Betsy the Quilter said:


> Hi, I know there's a special offers thread in Let's Talk Kindle, but I thought I'd start one here, too, as our Fire owners may just hang out here. Be sure to check out the Let's Talk Kindle thread, too!
> 
> Today, there's a SO for a $2 credit toward the purchase or rental of select digital movies in the Amazon Instant Video Store. Tap on the offer on the screen to see the details, and then tap on the link to get the offer applied to your account. That's all there is to it! A confirmation email will be sent, but the credit should go right to your account. (Unlike similar offers in the past which have required clicking on the email link.)
> 
> Betsy


Hopefully this suggestion would be just as helpful to others, but could it be possible to sticky this and the FAOTD post?


----------



## Betsy the Quilter (Oct 27, 2008)

Jesslyn said:


> Hopefully this suggestion would be just as helpful to others, but could it be possible to sticky this and the FAOTD post?

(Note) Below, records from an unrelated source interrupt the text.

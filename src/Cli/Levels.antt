-- ===== src/Cli/Levels.antt =====
-- crates/kiry/src/main.rs, `levels`: the order in which a set of packages is built. What the process
-- dies of is a value here, and whether a recipe has a bootstrap file is a parameter.
pub mod Rounds
pub mod Plans
pub mod Laws
use kiry.Base.{
  ℕ, zero, suc, ◌+◌, ◌*◌, List, [], ◌∷◌, ◌++◌, map, Bool, true, false, not, ◌&&◌, ◌||◌, Option,
  none, some, ◌==◌, nat_eq, list_eq, get_elem?, is_empty, any, keep, contains, length,
  if◌then◌else◌,
}
use kiry.Base.Text.{Str}
use kiry.Pkg.{Dep, applies}

-- A level of the plan: packages by index, and whether one only stands in for its cycle.
abbrev pub Level : Type 0
Level = List (ℕ × Bool)

pub data Planned : Type 0 where
  ordered : List Level → Planned
  cycle : List Str → Planned
  out_of_fuel : Planned

-- `(i..i + n).collect()`
unfoldable pub range_from : ℕ → ℕ → List ℕ
range_from i zero = []
range_from i (suc n) = i ∷ range_from (i + 1) n

-- The loop over what is left. `needs i j` says that the build of `i` asks for `j`, and `boots i` that
-- `i` says how to start.
module _ (needs : ℕ → ℕ → Bool) (boots : ℕ → Bool) where
  -- What holds `i` back: another package that is left and does not stand in yet.
  unfoldable pub waits : List ℕ → List ℕ → ℕ → Bool
  waits left done i = any (λ j. not (j == i) && (not (contains done j) && needs i j)) left

  unfoldable pub ready : List ℕ → List ℕ → List ℕ
  unfolding waits
  ready left done = keep (λ i. not (waits left done i)) left

  unfoldable pub starters : List ℕ → List ℕ → List ℕ
  starters left done = keep (λ i. not (contains done i) && boots i) left

  unfoldable pub without : List ℕ → List ℕ → List ℕ
  without left now = keep (λ i. not (contains now i)) left

  abbrev pub level_of : Bool → List ℕ → Level
  level_of stands_in is = map (λ i. (i, stands_in)) is

  abbrev pub before : Level → Planned → Planned
  before l (ordered ls) = ordered (l ∷ ls)
  before l (cycle names) = cycle names
  before l out_of_fuel = out_of_fuel

  module _ (name_of : ℕ → Str) where
    -- One round: the packages that are ready, else those that stand in for a cycle, else the end.
    -- `next` goes on with what is left and what stands in.
    unfoldable pub round : (List ℕ → List ℕ → Planned) → List ℕ → List ℕ → List ℕ → List ℕ → Planned
    unfolding without
    round next left done (i ∷ now) boot =
        before (level_of false (i ∷ now)) (next (without left (i ∷ now)) done)
    round next left done [] (i ∷ boot) =
        before (level_of true (i ∷ boot)) (next left (done ++ (i ∷ boot)))
    round next left done [] [] = cycle (map name_of left)

    unfoldable pub loop : ℕ → List ℕ → List ℕ → Planned
    unfolding round ready starters
    loop fuel [] done = ordered []
    loop zero (i ∷ left) done = out_of_fuel
    loop (suc fuel) (i ∷ left) done =
        round (loop fuel) (i ∷ left) done (ready (i ∷ left) done) (starters (i ∷ left) done)

abbrev pub Wanted : Type 0
Wanted = List (Str × Str)

-- Whether a dependency of a package for `t` names the package `name` for `u`.
unfoldable pub is_edge : Str → Bool → Str → Str × Str → Dep → Bool
unfolding applies
is_edge host is_built t (name, u) x =
    applies x t
    && (not (is_built && x.make) && (x.name == name && (if x.host then host else t) == u))

-- The edge test of `levels`. An index is always that of a wanted package.
unfoldable pub needs : Str → Wanted → List Bool → List (List Dep) → ℕ → ℕ → Bool
unfolding is_edge
needs host want built edges i j = elim (get_elem? want i) [
  | none ↦ false
  | some (name, t) ↦ elim (get_elem? want j) [
    | none ↦ false
    | some at ↦ elim (get_elem? edges i) [
      | none ↦ false
      | some deps ↦
          any (is_edge host (elim (get_elem? built i) [ none ↦ false | some b ↦ b ]) t at) deps
    ]
  ]
]

unfoldable pub name_of : Wanted → ℕ → Str
name_of want i = elim (get_elem? want i) [ none ↦ [] | some at ↦ at.0 ]

-- Each round takes a package off, or lets one stand in that did not before.
abbrev pub enough_fuel : ℕ → ℕ
enough_fuel n = n + n

unfoldable pub levels : Str → (Str → Bool) → Wanted → List Bool → List (List Dep) → Planned
unfolding needs name_of loop range_from
levels host has_bootstrap want built edges =
    loop (needs host want built edges) (λ i. has_bootstrap (name_of want i)) (name_of want)
      (enough_fuel (length want)) (range_from 0 (length want)) []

Jesslyn--thanks for the suggestion!

We'll kick it around in Admin, but I think it's too soon to tell whether this thread merits a sticky....for all we know, this may be the last decent SO.  But you can click on "Notify" to subscribe to the thread, and you can add a bookmark to the thread for your browser(s).

As for the FAOTD, since that gets posted to at least once a day, it's rarely off the first page of Fire Talk, so I don't really see a need for a sticky at this point. And you can also subscribe to the thread or bookmark it.



Betsy


----------



## Seamonkey (Dec 2, 2008)

Clearly I'm missing something.  On my 4G Fire I get ads.. Ultrabook, Sony, New Music from the Artists you Love, etc.  But they don't seem to be offers, special or otherwise.  I've never had a special offers kindle of any kind but thought they would be more obvious.

As for the ads, I'm about to pay to make them go away..


----------



## Jesslyn (Oct 29, 2008)

To see all offers, go to the Carousel and swipe the text at the top to the right.  Offers are to the right of Docs.


----------



## Betsy the Quilter (Oct 27, 2008)

What Jesslyn said, though I just saw the offer on my lock screen.    I do see there's also 75% off on a CaseCrown Trifold Case with the sleep/wake feature.  $15.21 after discount and prime eligible....  Various colors, use the drop down menu on the page to select the color you want.  Both 8.9" and 7" seem to be available at this price.

Betsy


----------



## Ann in Arlington (Oct 27, 2008)

Betsy the Quilter said:


> Well, in most cases, an SO from the other thread would work with the Fire, in theory....and I'll probably post there, too. But this SO wasn't in my PW yet... But I do think there are people who only frequent the Fire thread. Ann may disagree with me.
> 
> Betsy


Why would I do that? 

I read all the boards because I have all the stuff! 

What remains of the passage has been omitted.